START Entries supplied

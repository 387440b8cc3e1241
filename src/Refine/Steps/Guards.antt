-- ===== src/Refine/Steps/Guards.antt =====
-- The guard of a vector point, on every branch.
use package.watershed_delineation.Prelude.{
  ℕ, ◌<◌, ◌*◌, ◌≡◌, refl, sym, ap, subst, ◌⊎◌, inl, inr, Bool, true, false, Bool-cases, Option,
  none, some, returns, ◌>>=◌, ◌==◌, if◌then◌else◌, length, get_or, get_elem?-eq-get_or, arith,
}
use package.watershed_delineation.Prelude.Floats.{Floats}
use package.watershed_delineation.Prelude.Calls.{Call, done, fails}
use package.watershed_delineation.Raster.Grid.{GridCoord, GridDims, Inside, flat, flat-lt}
use package.watershed_delineation.Raster.FlowTile
use package.watershed_delineation.Raster.FlowDir.{from_encoded}
use package.watershed_delineation.Raster.FlowTile.{
  FlowDirectionTile, DecodedFlowCell, classify, raw, dims,
}
use package.watershed_delineation.Raster.AccTile
use package.watershed_delineation.Raster.AccTile.{AccumulationTile, SnapThreshold, defined}
use package.watershed_delineation.Raster.Tile
use package.watershed_delineation.Raster.Tile.Laws.{value, get-value}
use package.watershed_delineation.Raster.Mask.{CatchmentMask, contains, mask_dims}
use package.watershed_delineation.Geo.{
  NativeCoord, GeoTransform, pixel_to_coord, coord_to_pixel_f64,
}
use package.watershed_delineation.Seed.{
  FlowAccumulationUnits, SnappedPoint, is_outside, quantize_grid_cell,
}
use package.watershed_delineation.Refine.{
  VectorOutletGuardFailureKind, grid_mapping, outside_terminal_mask, undefined_flow_direction,
  undefined_accumulation, below_threshold, RefinementError, Rasters,
}
use package.watershed_delineation.Refine.Steps.{is_defined, unusable, guarded_seed}

-- `floor() as usize` of a number in `0 .. n` is below `n`.
abbrev pub FloorsBelow : {F : Type 0} → Floats F → Type 0
FloorsBelow {F = F} fl =
    (x : F) (n : ℕ)
    → fl.is_finite x ≡ true
    → fl.less x (fl.literal 0 0) ≡ false
    → fl.at_most (fl.of_nat n) x ≡ false
    → fl.floor_nat x < n

module _ {F : Type 0} (fl : Floats F) where
  abbrev pub mapped_cell : F × F → GridCoord
  mapped_cell frac = record { row = fl.floor_nat frac.0; col = fl.floor_nat frac.1 }

  pub mapped_cell-Inside :
      FloorsBelow fl
      → (frac : F × F) (d : GridDims) → is_outside fl frac d ≡ false
      → Inside d (mapped_cell frac)
  mapped_cell-Inside floors frac d inside = (
    floors frac.0 d.rows (ground (arith, inside)) (ground (arith, inside)) (ground (arith, inside)),
    floors frac.1 d.cols (ground (arith, inside)) (ground (arith, inside)) (ground (arith, inside)),
  )

pub contains-flag :
    (m : CatchmentMask) (p : GridCoord)
    → length m.data_vec ≡ m.rows * m.cols
    → Inside (mask_dims m) p
    → (b : Bool) × (contains m p ≡ returns b)
unfolding contains
contains-flag m p size i = (
  get_or m.data_vec (flat m.cols p) false,
  rw (get_elem?-eq-get_or m.data_vec (flat m.cols p) false (rw size (flat-lt (mask_dims m) p i)))
      refl,
)

pub decoded_cell-total :
    {G : Type 0} (t : FlowDirectionTile G raw) (p : GridCoord)
    → Tile.IsValid t.inner
    → Inside (dims t) p
    → (o : Option DecodedFlowCell) × (FlowTile.decoded_cell t p ≡ returns o)
unfolding FlowTile.decoded_cell
decoded_cell-total t p valid i =
    let read : (b : ℕ) × (Tile.get t.inner p ≡ returns b) =
      (value t.inner p, get-value t.inner valid p i) in
    go read.0 read.1
  where
    go :
        (b : ℕ)
        → Tile.get t.inner p ≡ returns b
        → (o : Option DecodedFlowCell) × (FlowTile.decoded_cell t p ≡ returns o)
    go b e = (
      _,
      ap
          (λ k. k >>= λ raw_byte. returns (
            if raw_byte == t.inner.nodata
            then none
            else classify (from_encoded raw_byte t.encoding) t.encoding))
          e,
    )

module _ {F A Shape L P : Type 0} (fl : Floats F) (fs : Floats A) (rasters : Rasters F A Shape)
    (threshold : SnapThreshold) (units : FlowAccumulationUnits) (epsg : ℕ) (vector : NativeCoord F)
    (flow_dir : FlowDirectionTile (GeoTransform F) raw)
    (accumulation : AccumulationTile (GeoTransform F) A raw) (mask : CatchmentMask)
    (least : A) where
  abbrev refusal :
      VectorOutletGuardFailureKind
      → Option GridCoord
      → Option A
      → Call (RefinementError F A L P) (SnappedPoint F A)
  refusal kind mapped measured =
      fails (unusable fl fs rasters threshold units epsg least kind mapped measured)

  -- The guards after the mapping to a cell, in their order.
  abbrev pub Guarded :
      GridCoord
      → Bool
      → Option DecodedFlowCell
      → A
      → Call (RefinementError F A L P) (SnappedPoint F A)
      → Type 0
  Guarded cell inside decoded v call =
      ((inside ≡ false) × (call ≡ refusal outside_terminal_mask (some cell) (defined fs v)))
      ⊎ ((inside ≡ true)
          × (decoded ≡ none)
          × (call ≡ refusal undefined_flow_direction (some cell) (defined fs v)))
      ⊎ ((inside ≡ true)
          × (is_defined decoded ≡ true)
          × (fs.is_nan v ≡ true)
          × (call ≡ refusal undefined_accumulation (some cell) none))
      ⊎ ((inside ≡ true)
          × (is_defined decoded ≡ true)
          × (fs.is_nan v ≡ false)
          × (fs.less v least ≡ true)
          × (call ≡ refusal below_threshold (some cell) (some v)))
      ⊎ ((inside ≡ true)
          × (is_defined decoded ≡ true)
          × (fs.is_nan v ≡ false)
          × (fs.less v least ≡ false)
          × (call
              ≡ done (record {
                cell = cell;
                coord = pixel_to_coord fl flow_dir.inner.geo cell;
                accumulation = v;
              })))

  guards :
      (inside : Bool) (decoded : Option DecodedFlowCell) (v : A)
      → let frac = coord_to_pixel_f64 fl flow_dir.inner.geo vector in
        let cell = mapped_cell fl frac in
        is_outside fl frac (dims flow_dir) ≡ false
        → contains mask cell ≡ returns inside
        → FlowTile.decoded_cell flow_dir cell ≡ returns decoded
        → AccTile.get_raw accumulation cell ≡ returns v
        → Guarded cell inside decoded v (
            guarded_seed fl fs rasters threshold units epsg vector flow_dir accumulation mask least)
  unfolding guarded_seed quantize_grid_cell AccTile.get
  guards false decoded v on flag seen read = inl (refl, rw (on, flag, read) refl)
  guards true none v on flag seen read = inr (inl (refl, refl, rw (on, flag, read, seen) refl))
  guards true (some d) v on flag seen read = elim (Bool-cases (fs.is_nan v)) [
    | inl bad ↦ inr (inr (inl (refl, refl, bad, rw (on, flag, read, seen, bad) refl)))
    | inr good ↦ elim (Bool-cases (fs.less v least)) [
      | inl low ↦
          inr (inr (inr (inl (refl, refl, good, low, rw (on, flag, read, seen, good, low) refl))))
      | inr enough ↦
          inr (
            inr
              (inr (inr (refl, refl, good, enough, rw (on, flag, read, seen, good, enough) refl))))
    ]
  ]

  -- On valid tiles and a mask of one extent, each guard that fails first gives its own failure, and a point that
  -- passes all of them is the seed.
  pub guarded_seed-Guarded :
      Tile.IsValid flow_dir.inner
      → Tile.IsValid accumulation.inner
      → AccTile.dims accumulation ≡ dims flow_dir
      → mask_dims mask ≡ dims flow_dir
      → length mask.data_vec ≡ mask.rows * mask.cols
      → FloorsBelow fl
      → let frac = coord_to_pixel_f64 fl flow_dir.inner.geo vector in
        let cell = mapped_cell fl frac in
        let call =
          guarded_seed fl fs rasters threshold units epsg vector flow_dir accumulation mask least in
        ((is_outside fl frac (dims flow_dir) ≡ true) × (call ≡ refusal grid_mapping none none))
        ⊎ ((is_outside fl frac (dims flow_dir) ≡ false)
            × Inside (dims flow_dir) cell
            × ((inside : Bool) × (decoded : Option DecodedFlowCell) × (v : A) × (contains mask cell
                  ≡ returns inside)
                × (FlowTile.decoded_cell flow_dir cell ≡ returns decoded)
                × (AccTile.get_raw accumulation cell ≡ returns v)
                × Guarded cell inside decoded v call))
  unfolding guarded_seed quantize_grid_cell AccTile.get
  guarded_seed-Guarded vf va same_acc same_mask size floors =
      let frac = coord_to_pixel_f64 fl flow_dir.inner.geo vector in
      let cell = mapped_cell fl frac in
      elim (Bool-cases (is_outside fl frac (dims flow_dir))) [
        | inl off ↦ inl (off, rw off refl)
        | inr on ↦
            let i = mapped_cell-Inside fl floors frac (dims flow_dir) on in
            let (inside, flag) =
              contains-flag mask cell size (subst (λ d. Inside d cell) (sym same_mask) i) in
            let (decoded, seen) = decoded_cell-total flow_dir cell vf i in
            let v = value accumulation.inner cell in
            let read =
              get-value accumulation.inner va cell (subst (λ d. Inside d cell) (sym same_acc) i) in
            inr (
              on,
              i,
              (inside, decoded, v, flag, seen, read, guards inside decoded v on flag seen read),
            )
      ]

END Entries supplied

The lines to copy are those in the records above containing the word "else".

  none, some, returns, ◌>>=◌, ◌==◌, if◌then◌else◌, length, get_or, get_elem?-eq-get_or, arith,
            else classify (from_encoded raw_byte t.encoding) t.encoding))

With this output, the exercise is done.